Question

If \[\dfrac{4}{5}\], a, 2 three consecutive term of an A.P then find ‘a’

Answer 1

Hint: Here in this question, we have a sequence that belongs to an arithmetic sequence. We check the sequence with the help of arithmetic sequence definition and it is an arithmetic sequence we can determine the common difference of the sequence. then we find the value of a.

Complete step-by-step solution:
In the sequence we have three kinds of sequence namely, arithmetic sequence, geometric sequence and harmonic sequence. In arithmetic sequence we the common difference between the two terms, In geometric sequence we the common ratio between the two terms, In harmonic sequence it is a ratio of arithmetic sequence to geometric sequence.

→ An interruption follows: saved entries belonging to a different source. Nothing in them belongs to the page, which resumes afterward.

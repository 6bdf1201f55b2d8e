-- ===== src/Invoice.antt =====
-- internal/app/invoice_service.go and internal/adapter/repo/invoice.go. The invoice number is the
-- reading of a clock in hexadecimal digits; it is an argument here.
pub mod Tests
pub mod Billed
pub mod History
pub mod RoundTrip
use lurus_identity.Base.{
  ℕ, suc, ◌-◌, ◌*◌, ◌/◌, String, ◌+s◌, Bool, true, not, ◌||◌, Option, none, some, List, [], ◌∷◌,
  ◌==◌, str_eq,
}
use lurus_identity.Table.{first, select, count, insert, order_desc, limit, offset}
use lurus_identity.Entity.Billing.{PaymentOrder, Invoice, InvoiceLineItem, InvoiceStatus, is_paid}
use lurus_identity.Store.{
  Tables, Error, Result, ok, err, M, pure, ◌>>=◌, ◌>>◌, raise_if, require, sql, query,
}
use lurus_identity.Wallet.Repo.{get_payment_order_by_no}

abbrev pub for_order : String → Invoice → Bool
for_order n v = str_eq v.order_no n

abbrev pub has_invoice_no : String → Invoice → Bool
has_invoice_no n v = str_eq v.invoice_no n

-- `order_no` and `invoice_no` are unique.
abbrev pub clashes : Invoice → Invoice → Bool
clashes v x = for_order v.order_no x || has_invoice_no v.invoice_no x

-- A TIMESTAMPTZ column keeps an instant's whole microseconds.
abbrev pub micros : ℕ → ℕ
micros x = x / 1000 * 1000

abbrev pub stored : Invoice → Invoice
stored v = record v { issue_date = micros v.issue_date; created_at = micros v.created_at }

-- The caller's invoice gets the new id, and keeps its instants as they were.
unfoldable pub insert_invoice : Invoice → Option Invoice → Tables → Result Invoice × Tables
insert_invoice v (some _) t = (err Error.unique_violation, t)
insert_invoice v none t =
    let v' = record v { id = t.next_id } in
    (ok v', record t { next_id = suc t.next_id; invoices = insert (stored v') t.invoices })

unfoldable pub create : Invoice → M Invoice
create v = sql (λ t. insert_invoice v (first (clashes v) t.invoices) t)

unfoldable pub get_by_order_no : String → M (Option Invoice)
get_by_order_no n = query (λ t. first (for_order n) t.invoices)

unfoldable pub get_by_invoice_no : String → M (Option Invoice)
get_by_invoice_no n = query (λ t. first (has_invoice_no n) t.invoices)

-- `Offset((page - 1) * pageSize).Limit(pageSize)` of the rows, newest first, and how many there are.
abbrev pub page_of : ℕ → ℕ → List Invoice → List Invoice
page_of page size vs = limit size (offset ((page - 1) * size) (order_desc (λ v. v.created_at) vs))

unfoldable pub list_by_account : ℕ → ℕ → ℕ → M (List Invoice × ℕ)
list_by_account a page size = do
  total ← query (λ t. count (λ v. v.account_id == a) t.invoices)
  list ← query (λ t. page_of page size (select (λ v. v.account_id == a) t.invoices))
  pure (list, total)

-- Account 0 stands for all accounts.
abbrev pub is_listed : ℕ → Invoice → Bool
is_listed a v = a == 0 || v.account_id == a

unfoldable pub admin_list : ℕ → ℕ → ℕ → M (List Invoice × ℕ)
admin_list a page size = do
  total ← query (λ t. count (is_listed a) t.invoices)
  list ← query (λ t. page_of page size (select (is_listed a) t.invoices))
  pure (list, total)

abbrev pub line_of : PaymentOrder → InvoiceLineItem
line_of o = record {
  description = o.product_id +s " subscription";
  quantity = 1;
  unit_price = o.amount_cny;
  amount = o.amount_cny;
}

-- `made` is the later reading of the clock that `Create` fills in.
abbrev pub invoice_of : ℕ → ℕ → String → ℕ → PaymentOrder → String → Invoice
invoice_of now made number a o order_no = record {
  id = 0;
  invoice_no = number;
  account_id = a;
  order_no = order_no;
  issue_date = now;
  line_items = line_of o ∷ [];
  subtotal_cny = o.amount_cny;
  total_cny = o.amount_cny;
  currency = "CNY";
  status = InvoiceStatus.issued;
  created_at = made;
}

-- The path on which no invoice exists yet.
unfoldable pub issue : ℕ → ℕ → String → ℕ → String → M Invoice
issue now made number a order_no = do
  found ← get_payment_order_by_no order_no
  o ← require found Error.order_not_found
  raise_if (not (o.account_id == a)) Error.order_not_found
  raise_if (not (is_paid o.status)) Error.order_not_paid
  create (invoice_of now made number a o order_no)

unfoldable pub return_existing : ℕ → Invoice → M Invoice
return_existing a v = do raise_if (not (v.account_id == a)) Error.invoice_not_found; pure v

unfoldable pub generate_from : ℕ → ℕ → String → ℕ → String → Option Invoice → M Invoice
unfolding issue return_existing
generate_from now made number a order_no (some v) = return_existing a v
generate_from now made number a order_no none = issue now made number a order_no

unfoldable pub generate : ℕ → ℕ → String → ℕ → String → M Invoice
unfolding generate_from
generate now made number a order_no = do
  existing ← get_by_order_no order_no
  generate_from now made number a order_no existing

unfoldable pub get_by_no : ℕ → String → M Invoice
get_by_no a number = do
  found ← get_by_invoice_no number
  v ← require found Error.invoice_not_found
  raise_if (not (v.account_id == a)) Error.invoice_not_found
  pure v
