-- ===== src/Invoice/Billed.antt =====
-- Invoices bill paid orders: one for an order, of its account and amount.
use lurus_identity.Base.{
  ℕ, suc, ◌≤◌, ◌≡◌, refl, ◌∙◌, inl, inr, String, Bool, true, false, Option, none, some, List, arith,
  Bool-cases, Option-cases, ◌==◌, eq_iff,
}
use lurus_identity.Table.{first, update, count, insert}
use lurus_identity.Table.Laws.{All, All-insert, first-insert, first-update}
use lurus_identity.Table.Count.{count-insert, count-none, count_cover}
use lurus_identity.Entity.Billing.{PaymentOrder, OrderStatus, Invoice, is_paid, is_pending_order}
use lurus_identity.Store.{Tables}
use lurus_identity.Store.Keeps.{Keeps, keeps_rules}
use lurus_identity.Store.Leads.{
  Leads, Keeps-Leads, Leads-bind, Leads-query, Leads-require, Leads-raise_if, Leads-sql_any,
}
use lurus_identity.Wallet.Repo.{has_order_no, get_payment_order_by_no}
use lurus_identity.Invoice.{
  for_order, has_invoice_no, clashes, insert_invoice, create, get_by_order_no, invoice_of, issue,
  return_existing, generate_from, generate, stored,
}

-- The invoice bills this order.
pub record Bills (v : Invoice) (o : PaymentOrder) : Type 0 where
  pub is_paid_for : is_paid o.status ≡ true
  pub same_account : v.account_id ≡ o.account_id
  pub same_total : v.total_cny ≡ o.amount_cny

abbrev pub IsBilled : List PaymentOrder → Invoice → Type 0
IsBilled os v = (o : PaymentOrder) × (first (has_order_no v.order_no) os ≡ some o) × Bills v o

-- Each invoice bills the order of its number, and no order or number has two invoices.
pub record AreBilled (t : Tables) : Type 0 where
  pub billed : All (IsBilled t.orders) t.invoices
  pub once : (n : String) → count (for_order n) t.invoices ≤ 1
  pub numbered : (n : String) → count (has_invoice_no n) t.invoices ≤ 1

paid_settled : (s : OrderStatus) → is_paid s ≡ true → is_pending_order s ≡ false
paid_settled OrderStatus.pending h = cc
paid_settled OrderStatus.paid h = refl
paid_settled OrderStatus.failed h = refl
paid_settled OrderStatus.cancelled h = refl
paid_settled OrderStatus.refunded h = refl
paid_settled OrderStatus.expired h = refl

-- A new order has a place behind the others.
pub insert_order-IsBilled :
    (o : PaymentOrder) (os : List PaymentOrder) (v : Invoice)
    → IsBilled os v
    → IsBilled (insert o os) v
insert_order-IsBilled o os v (b, found, bills) =
    (b, first-insert (has_order_no v.order_no) o os ∙ rw found refl, bills)

-- An update of pending orders.
pub update_pending-IsBilled :
    (p : PaymentOrder → Bool) (f : PaymentOrder → PaymentOrder) (os : List PaymentOrder)
    (v : Invoice)
    → ((o : PaymentOrder) (n : String) → has_order_no n (f o) ≡ has_order_no n o)
    → ((o : PaymentOrder) → is_pending_order o.status ≡ false → p o ≡ false)
    → IsBilled os v
    → IsBilled (update p f os) v
update_pending-IsBilled p f os v k pending (b, found, bills) =
    let untouched : p b ≡ false = pending b (paid_settled b.status bills.is_paid_for) in
    (
      b,
      first-update (has_order_no v.order_no) p f os (λ o. k o v.order_no)
          ∙ rw found (rw untouched refl),
      bills,
    )

-- The unique indices refuse an invoice of an order or a number that has one.
fresh_invoice :
    (v : Invoice) (p : Invoice → Bool) (vs : List Invoice)
    → ((x : Invoice) → p x ≡ true → p v ≡ true → clashes v x ≡ true)
    → first (clashes v) vs ≡ none
    → count p vs ≤ 1
    → count p (insert v vs) ≤ 1
fresh_invoice v p vs same e h = elim (Bool-cases (p v)) [
  | inl k ↦ omega (
    arith,
    rw k at (count-insert p v vs),
    count_cover p (clashes v) (clashes v) vs (λ x a b. same x a k),
    count-none (clashes v) vs e,
  )
  | inr k ↦ omega (arith, rw k at (count-insert p v vs), h)
]

inserted :
    (v : Invoice) (o : PaymentOrder) (t : Tables)
    → AreBilled t
    → first (has_order_no v.order_no) t.orders ≡ some o
    → Bills v o
    → first (clashes v) t.invoices ≡ none
    → AreBilled (record t { next_id = suc t.next_id; invoices = insert v t.invoices })
inserted v o t h found bills e = record {
  billed = All-insert (IsBilled t.orders) v t.invoices (o, found, bills) h.billed;
  once = λ n.
      fresh_invoice v (for_order n) t.invoices
        (λ x a b.
          ground (arith, eq_iff x.order_no n, eq_iff v.order_no n, eq_iff x.order_no v.order_no))
        e (h.once n);
  numbered = λ n.
      fresh_invoice v (has_invoice_no n) t.invoices
        (λ x a b.
          ground
            (arith, eq_iff x.invoice_no n, eq_iff v.invoice_no n, eq_iff x.invoice_no v.invoice_no))
        e (h.numbered n);
}

new_invoice :
    (v : Invoice) (o : PaymentOrder) (t : Tables)
    → AreBilled t
    → first (has_order_no v.order_no) t.orders ≡ some o
    → Bills v o
    → AreBilled (insert_invoice v (first (clashes v) t.invoices) t).1
unfolding insert_invoice
new_invoice v o t h found bills = elim (Option-cases (first (clashes v) t.invoices)) [
  | inl e ↦ rw e (
      inserted (stored (record v { id = t.next_id })) o t h found
        (record {
          is_paid_for = bills.is_paid_for;
          same_account = bills.same_account;
          same_total = bills.same_total;
        })
        e)
  | inr (x, e) ↦ rw e h
]

-- The order `o` was read, is the account's, and is paid.
abbrev IsRead : String → PaymentOrder → Tables → Type 0
IsRead n o t = AreBilled t × (first (has_order_no n) t.orders ≡ some o)

abbrev IsOwn : String → ℕ → PaymentOrder → Tables → Type 0
IsOwn n a o t = IsRead n o t × ((o.account_id == a) ≡ true)

abbrev IsDue : String → ℕ → PaymentOrder → Tables → Type 0
IsDue n a o t = IsOwn n a o t × (is_paid o.status ≡ true)

create-leads :
    (now made : ℕ) (number : String) (a : ℕ) (n : String) (o : PaymentOrder)
    → Leads (IsDue n a o) (create (invoice_of now made number a o n)) (λ _. AreBilled) AreBilled
unfolding create
create-leads now made number a n o =
    Leads-sql_any _
      (λ t h.
        new_invoice (invoice_of now made number a o n) o t h.0.0.0 h.0.0.1
          (record { is_paid_for = h.1; same_account = ground (arith, h.0.1); same_total = refl }))
      (λ t h. h.0.0.0)

issue-leads :
    (now made : ℕ) (number : String) (a : ℕ) (n : String)
    → Leads AreBilled (issue now made number a n) (λ _. AreBilled) AreBilled
unfolding issue get_payment_order_by_no
issue-leads now made number a n = Leads-bind _ _ (Leads-query _ (λ t h. h)) λ found.
    Leads-bind _ _ (Leads-require {Q = IsRead n} found _ (λ o t e h. (h.0, h.1 ∙ e)) (λ t h. h.0))
      λ o.
        Leads-bind _ _
          (Leads-raise_if {S = IsOwn n a o} _ _ (λ t h e. (h, ground (arith, e))) (λ t h e. h.0))
          λ _.
            Leads-bind _ _
              (Leads-raise_if {S = IsDue n a o} _ _ (λ t h e. (h, ground (arith, e)))
                (λ t h e. h.0.0))
              (λ _. create-leads now made number a n o)

generate_from-AreBilled :
    (now made : ℕ) (number : String) (a : ℕ) (n : String) (existing : Option Invoice)
    → Keeps AreBilled (generate_from now made number a n existing)
unfolding generate_from return_existing
generate_from-AreBilled now made number a n (some v) = search keeps_rules
generate_from-AreBilled now made number a n none = Keeps-Leads _ (issue-leads now made number a n)

pub generate-AreBilled :
    (now made : ℕ) (number : String) (a : ℕ) (n : String)
    → Keeps AreBilled (generate now made number a n)
unfolding generate get_by_order_no
generate-AreBilled now made number a n = search (keeps_rules, generate_from-AreBilled)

The general arithmetic progression is of the form \[a,a + d,a + 2d,...\] where a is first term nth d is the common difference. The nth term of the arithmetic progression is defined as \[{a_n} = {a_0} + (n - 1)d\]
Now let us consider the sequence which is given in the question \[\dfrac{4}{5}\], a, 2 here we have 3 terms. Let us find the difference between these two consecutive numbers.
Here \[{a_1} = \dfrac{4}{5}\], \[{a_2} = a\], \[{a_3} = 2\]
Let we find
The difference between \[{a_1}\]and \[{a_2}\], so we have
\[d = {a_2} - {a_1} = a - \dfrac{4}{5}\] ------- (1)
The difference between \[{a_2}\]and \[{a_3}\], so we have
\[d = {a_3} - {a_2} = 2 - a\] ----- (2)
Let we equate the both equation (1) and the equation (2)
 \[ \Rightarrow a - \dfrac{4}{5} = 2 - a\]
Group the terms which are containing variable a to LHS and the constants to RHS.
\[ \Rightarrow a + a = 2 - \dfrac{4}{5}\]
On simplifying we have
\[ \Rightarrow 2a = \dfrac{{10 - 4}}{5}\]
\[ \Rightarrow 2a = \dfrac{6}{5}\]
Dividing the above equation by 2 we get
\[ \Rightarrow a = \dfrac{2}{5}\]
Hence we have got the value of a for the consecutive numbers.

Therefore the arithmetic sequence is \[\dfrac{4}{5},\dfrac{2}{5},2\]

Note: By considering the formula of arithmetic sequence we verify the obtained value which we obtained. We have to check the common difference for all the terms. Suppose if we check for the first two terms not for other terms then we may go wrong. So definition of arithmetic sequence is important to solve these kinds of problems.